Packing and Covering Immersions in 4-Edge-Connected Graphs

TL;DR

This paper establishes a new edge-variant Erdős-Pósa property for immersions in 4-edge-connected graphs, showing a duality between packing and covering such immersions with a function depending on connectivity.

Contribution

It proves the Erdős-Pósa property for immersions in 4-edge-connected graphs, demonstrating the optimal connectivity condition for this property.

Findings

Existence of a function f(k) for packing and covering immersions

The property holds specifically for 4-edge-connected graphs

The result is optimal, as it fails for 3-edge-connected graphs

Abstract

A graph $G$ contains another graph $H$ as an immersion if $H$ can be obtained from a subgraph of $G$ by splitting off edges and removing isolated vertices.

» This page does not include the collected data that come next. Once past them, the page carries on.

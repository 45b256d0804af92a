-- ===== src/Mapper/Processors/Tasks.antt =====
-- One processor's task slots: its free pages are its free slots.
use mmemphis.Base.{
  ℕ, zero, suc, ◌+◌, ◌<◌, ◌≡◌, refl, ◌≢◌, ◌⊎◌, inl, inr, Bool, true, false, Option, none, some,
  List, [], ◌∷◌, arith, ◌==◌, if◌then◌else◌, Bool-cases, Option-cases, length, get_elem?, set,
  length-set, replace?, count, bit, replace?-none, length-replace?, count-replace?, NoneOf-count,
  count-le-length, word_mod, minus_one, add32, sub32, done, hangs,
}
use mmemphis.Mapper.Processors.{Processor, scan_slots, place, displace}

abbrev pub is_slot_free : ℕ → Bool
is_slot_free t = t == minus_one

abbrev pub on : ℕ → ℕ → Bool
on task_id t = t == task_id

-- `free_pages` counts the free slots of fewer than 2 ^ 32.
pub record IsValid (p : Processor) : Type 0 where
  pub free : p.free_pages ≡ count is_slot_free p.task
  pub small : length p.task < word_mod

-- What the loop of `add_task` finds: the task, and then it spins, or else a free slot if there is
-- one, and the slot it started with if not.
scan_slots_lem :
    (t i : ℕ) (acc : Option ℕ) (xs : List ℕ)
    → ((scan_slots t i acc xs ≡ hangs) × (0 < count (on t) xs))
      ⊎ ((count (on t) xs ≡ 0) × (count is_slot_free xs ≡ 0) × (scan_slots t i acc xs ≡ done acc))
      ⊎ ((j : ℕ) × (count (on t) xs ≡ 0)
          × (scan_slots t i acc xs ≡ done (some (i + j)))
          × (get_elem? xs j ≡ some minus_one))
unfolding scan_slots count
scan_slots_lem t i acc [] = inr (inl (refl, refl, refl))
scan_slots_lem t i acc (x ∷ xs) = elim (Bool-cases (x == t)) [
  | inl is ↦ inl (ground arith, ground arith)
  | inr isnt ↦ elim (scan_slots_lem t (i + 1) (if x == minus_one then some i else acc) xs) [
    | inl (h, c) ↦ inl (ground arith, ground arith)
    | inr (inl (c, z, h)) ↦ elim (Bool-cases (x == minus_one)) [
      | inl e ↦ inr (inr (0, ground arith, ground arith, ground arith))
      | inr e ↦ inr (inl (ground arith, ground arith, ground arith))
    ]
    | inr (inr (j, c, h, g)) ↦ inr (inr (suc j, ground arith, ground arith, g))
  ]
]

-- Writing over a free slot.
count-set :
    (q : ℕ → Bool) (xs : List ℕ) (i v : ℕ) {a : ℕ}
    → get_elem? xs i ≡ some a
    → count q (set xs i v) + bit (q a) ≡ count q xs + bit (q v)
unfolding count
count-set q [] i v h = cc
count-set q (x ∷ xs) zero v h = ground arith
count-set q (x ∷ xs) (suc i) v h = omega (arith, count-set q xs i v h)

-- On a processor whose free pages count its free slots, placing a task other than -1 spins only
-- where no page is free or the task is there already. Else the task has one slot, one page less is
-- free, and every other task has the slots it had.
pub place_lem :
    (t : ℕ) (p : Processor)
    → IsValid p
    → t ≢ minus_one
    → ((place t p ≡ hangs) × ((p.free_pages ≡ 0) ⊎ (0 < count (on t) p.task)))
      ⊎ ((p' : Processor) × (place t p ≡ done p')
          × IsValid p'
          × (p'.address ≡ p.address)
          × (length p'.task ≡ length p.task)
          × (p'.free_pages + 1 ≡ p.free_pages)
          × (count (on t) p.task ≡ 0)
          × (count (on t) p'.task ≡ 1)
          × ((u : ℕ) → u ≢ t → u ≢ minus_one → count (on u) p'.task ≡ count (on u) p.task))
unfolding place
place_lem t p v m = elim (Bool-cases (p.free_pages == 0)) [
  | inl e ↦ inl (rw e refl, inl (ground arith))
  | inr e ↦ elim (scan_slots_lem t 0 none p.task) [
    | inl (h, c) ↦ inl (rw (e, h) refl, inr c)
    | inr (inl (c, z, h)) ↦ absurd (ground (arith, v.free))
    | inr (inr (j, c, h, g)) ↦
        let j' : 0 + j ≡ j = omega arith in
        inr (
          record p { task = set p.task j t; free_pages = sub32 p.free_pages 1 },
          rw (e, h, j') refl,
          ground (
            arith,
            count-set is_slot_free p.task j t g,
            length-set p.task j t,
            count-le-length is_slot_free p.task,
          ),
          refl,
          length-set p.task j t,
          ground (arith, count-le-length is_slot_free p.task),
          c,
          ground (arith, count-set (on t) p.task j t g),
          λ u d n. ground (arith, count-set (on u) p.task j t g),
        )
  ]
]

-- On a processor whose free pages count its free slots, displacing a task other than -1 spins only
-- where the task is not on the processor. Else one of its slots is free again, one page more is
-- free, and every other task has the slots it had.
pub displace_lem :
    (t : ℕ) (p : Processor)
    → IsValid p
    → t ≢ minus_one
    → ((displace t p ≡ hangs) × (count (on t) p.task ≡ 0))
      ⊎ ((p' : Processor) × (displace t p ≡ done p')
          × IsValid p'
          × (p'.address ≡ p.address)
          × (length p'.task ≡ length p.task)
          × (p'.free_pages ≡ p.free_pages + 1)
          × (count (on t) p'.task + 1 ≡ count (on t) p.task)
          × ((u : ℕ) → u ≢ t → u ≢ minus_one → count (on u) p'.task ≡ count (on u) p.task))
unfolding displace
displace_lem t p v m = elim (Option-cases (replace? (on t) (λ _. minus_one) p.task)) [
  | inl e ↦ inl (
    ground (arith, e),
    NoneOf-count (on t) p.task (replace?-none (on t) (λ _. minus_one) p.task e),
  )
  | inr (xs, e) ↦
      let taken =
        count-replace? (on t) (λ _. minus_one) is_slot_free false true p.task (λ a h. ground arith)
          (λ a h. refl) e in
      let freed =
        count-replace? (on t) (λ _. minus_one) (on t) true false p.task (λ a h. h)
          (λ a h. ground arith) e in
      inr (
        record p { task = xs; free_pages = add32 p.free_pages 1 },
        ground (
          arith,
          e,
          count-le-length is_slot_free xs,
          length-replace? (on t) (λ _. minus_one) p.task e,
        ),
        ground (
          arith,
          count-le-length is_slot_free xs,
          length-replace? (on t) (λ _. minus_one) p.task e,
        ),
        refl,
        length-replace? (on t) (λ _. minus_one) p.task e,
        ground (
          arith,
          count-le-length is_slot_free xs,
          length-replace? (on t) (λ _. minus_one) p.task e,
        ),
        ground arith,
        λ u d n. omega (
          arith,
          count-replace? (on t) (λ _. minus_one) (on u) false false p.task (λ a h. ground arith)
              (λ a h. ground arith) e,
        ),
      )
]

In this paper, we prove an edge-variant of the Erd\H{o}s-P\'{o}sa property with respect to the immersion containment in 4-edge-connected graphs. More precisely, we prove that for every graph $H$, there exists a function $f$ such that for every 4-edge-connected graph $G$, either $G$ contains $k$ pairwise edge-disjoint subgraphs each containing $H$ as an immersion, or there exists a set of at most $f(k)$ edges of $G$ intersecting all such subgraphs. This theorem is best possible in the sense that the 4-edge-connectivity cannot be replaced by the 3-edge-connectivity.